Required action: Output all entries below exactly as they are given.

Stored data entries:
◆ ◆ ◆ ◆

-- ===== src/Logging.antt =====
-- The log (src/logging.c). Here: the ring of logged text, its writer and its readers.
pub mod Console
pub mod Whole
pub mod Shown
pub mod Repeat
pub mod Cells
pub mod Lines
pub mod Eol
pub mod Text
pub mod Readers
use ninit.Prelude.{
  ℕ, zero, suc, ◌+◌, ◌-◌, ◌%◌, List, [], ◌∷◌, ◌++◌, take, drop, map, Option, none, some, ◌==◌, ltb,
  leb, length, if◌then◌else◌, range, update,
}

abbrev pub log_ring_size : ℕ
log_ring_size = 131072

-- an addition on uint64_t
abbrev pub add64 : ℕ → ℕ → ℕ
add64 x n = (x + n) % 18446744073709551616

-- log_ring, ring_head and ring_tail
pub record Ring : Type 0 where
  pub bytes : ℕ → ℕ
  pub head : ℕ
  pub tail : ℕ

-- memchr for a newline in the n bytes from off: its distance
unfoldable pub find_newline : (ℕ → ℕ) → ℕ → ℕ → Option ℕ
find_newline b off zero = none
find_newline b off (suc n) =
    if b off == 10
    then some 0
    else elim (find_newline b (off + 1) n) [ some i ↦ some (i + 1) | none ↦ none ]

-- memcpy to off
unfoldable pub copy_to : (ℕ → ℕ) → ℕ → List ℕ → ℕ → ℕ
copy_to b off [] = b
copy_to b off (x ∷ xs) = copy_to (update b off x) (off + 1) xs

-- at & (LOG_RING - 1)
abbrev pub offset : ℕ → ℕ
offset at = at % log_ring_size

-- the bytes from at on that stand before the end of the array, n at most
abbrev pub segment : ℕ → ℕ → ℕ
segment at n = if ltb n (log_ring_size - offset at) then n else log_ring_size - offset at

unfoldable pub ring_eol : ℕ → Ring → ℕ → ℕ
ring_eol zero r at = at
ring_eol (suc fuel) r at =
    let seg = segment at (r.head - at) in
    let rest = ring_eol fuel r (at + seg) in
    elim (find_newline r.bytes (offset at) seg) [ some i ↦ add64 (at + i) 1 | none ↦ rest ]

-- The `while` loop of ring_put: the lines that give way to n bytes.
unfoldable pub make_room : ℕ → Ring → ℕ → Ring
make_room zero r n = r
make_room (suc fuel) r n =
    let rest = make_room fuel (record r { tail = ring_eol (log_ring_size + 1) r r.tail }) n in
    if ltb log_ring_size (r.head + n - r.tail) then rest else r

-- ring_put, without the call of ring_feed: what it serves are readers, and it leaves the ring alone.
unfoldable pub ring_put : Ring → List ℕ → Ring
ring_put r s =
    let n = length s in
    let k = segment r.head n in
    let room = make_room (r.head - r.tail) r n in
    record room {
      bytes = copy_to (copy_to r.bytes (offset r.head) (take k s)) 0 (drop k s);
      head = add64 r.head n;
    }

unfoldable pub ring_get : Ring → ℕ → ℕ → List ℕ
ring_get r at n =
    let k = segment at n in map r.bytes (range (offset at) k) ++ map r.bytes (range 0 (n - k))

unfoldable pub log_first : Ring → ℕ
log_first r = r.tail

unfoldable pub log_end : Ring → ℕ
log_end r = r.head

-- log_line, with the notice to a reader that the ring has overtaken as `skipped`; it gives
-- where the reader stands next and the bytes copied.
module _ (skipped : ℕ → List ℕ) where
  unfoldable pub log_line : Ring → ℕ → ℕ × List ℕ
  log_line r at =
      if ltb at r.tail
      then (r.tail, skipped (r.tail - at))
      else if leb r.head at
      then (at, [])
      else (let end = ring_eol (log_ring_size + 1) r at in (end, ring_get r at (end - at)))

◆ ◆ ◆ ◆

Your response:
-- ===== src/Logging.antt =====
-- The log (src/logging.c). Here: the ring of logged text, its writer and its readers.
pub mod Console
pub mod Whole
pub mod Shown
pub mod Repeat
pub mod Cells
pub mod Lines
pub mod Eol
pub mod Text
pub mod Readers
use ninit.Prelude.{
  ℕ, zero, suc, ◌+◌, ◌-◌, ◌%◌, List, [], ◌∷◌, ◌++◌, take, drop, map, Option, none, some, ◌==◌, ltb,
  leb, length, if◌then◌else◌, range, update,
}

abbrev pub log_ring_size : ℕ
log_ring_size = 131072

-- an addition on uint64_t
abbrev pub add64 : ℕ → ℕ → ℕ
add64 x n = (x + n) % 18446744073709551616

-- log_ring, ring_head and ring_tail
pub record Ring : Type 0 where
  pub bytes : ℕ → ℕ
  pub head : ℕ
  pub tail : ℕ

-- memchr for a newline in the n bytes from off: its distance
unfoldable pub find_newline : (ℕ → ℕ) → ℕ → ℕ → Option ℕ
find_newline b off zero = none
find_newline b off (suc n) =
    if b off == 10
    then some 0
    else elim (find_newline b (off + 1) n) [ some i ↦ some (i + 1) | none ↦ none ]

-- memcpy to off
unfoldable pub copy_to : (ℕ → ℕ) → ℕ → List ℕ → ℕ → ℕ
copy_to b off [] = b
copy_to b off (x ∷ xs) = copy_to (update b off x) (off + 1) xs

-- at & (LOG_RING - 1)
abbrev pub offset : ℕ → ℕ
offset at = at % log_ring_size

-- the bytes from at on that stand before the end of the array, n at most
abbrev pub segment : ℕ → ℕ → ℕ
segment at n = if ltb n (log_ring_size - offset at) then n else log_ring_size - offset at

unfoldable pub ring_eol : ℕ → Ring → ℕ → ℕ
ring_eol zero r at = at
ring_eol (suc fuel) r at =
    let seg = segment at (r.head - at) in
    let rest = ring_eol fuel r (at + seg) in
    elim (find_newline r.bytes (offset at) seg) [ some i ↦ add64 (at + i) 1 | none ↦ rest ]

-- The `while` loop of ring_put: the lines that give way to n bytes.
unfoldable pub make_room : ℕ → Ring → ℕ → Ring
make_room zero r n = r
make_room (suc fuel) r n =
    let rest = make_room fuel (record r { tail = ring_eol (log_ring_size + 1) r r.tail }) n in
    if ltb log_ring_size (r.head + n - r.tail) then rest else r

-- ring_put, without the call of ring_feed: what it serves are readers, and it leaves the ring alone.
unfoldable pub ring_put : Ring → List ℕ → Ring
ring_put r s =
    let n = length s in
    let k = segment r.head n in
    let room = make_room (r.head - r.tail) r n in
    record room {
      bytes = copy_to (copy_to r.bytes (offset r.head) (take k s)) 0 (drop k s);
      head = add64 r.head n;
    }

unfoldable pub ring_get : Ring → ℕ → ℕ → List ℕ
ring_get r at n =
    let k = segment at n in map r.bytes (range (offset at) k) ++ map r.bytes (range 0 (n - k))

unfoldable pub log_first : Ring → ℕ
log_first r = r.tail

unfoldable pub log_end : Ring → ℕ
log_end r = r.head

-- log_line, with the notice to a reader that the ring has overtaken as `skipped`; it gives
-- where the reader stands next and the bytes copied.
module _ (skipped : ℕ → List ℕ) where
  unfoldable pub log_line : Ring → ℕ → ℕ × List ℕ
  log_line r at =
      if ltb at r.tail
      then (r.tail, skipped (r.tail - at))
      else if leb r.head at
      then (at, [])
      else (let end = ring_eol (log_ring_size + 1) r at in (end, ring_get r at (end - at)))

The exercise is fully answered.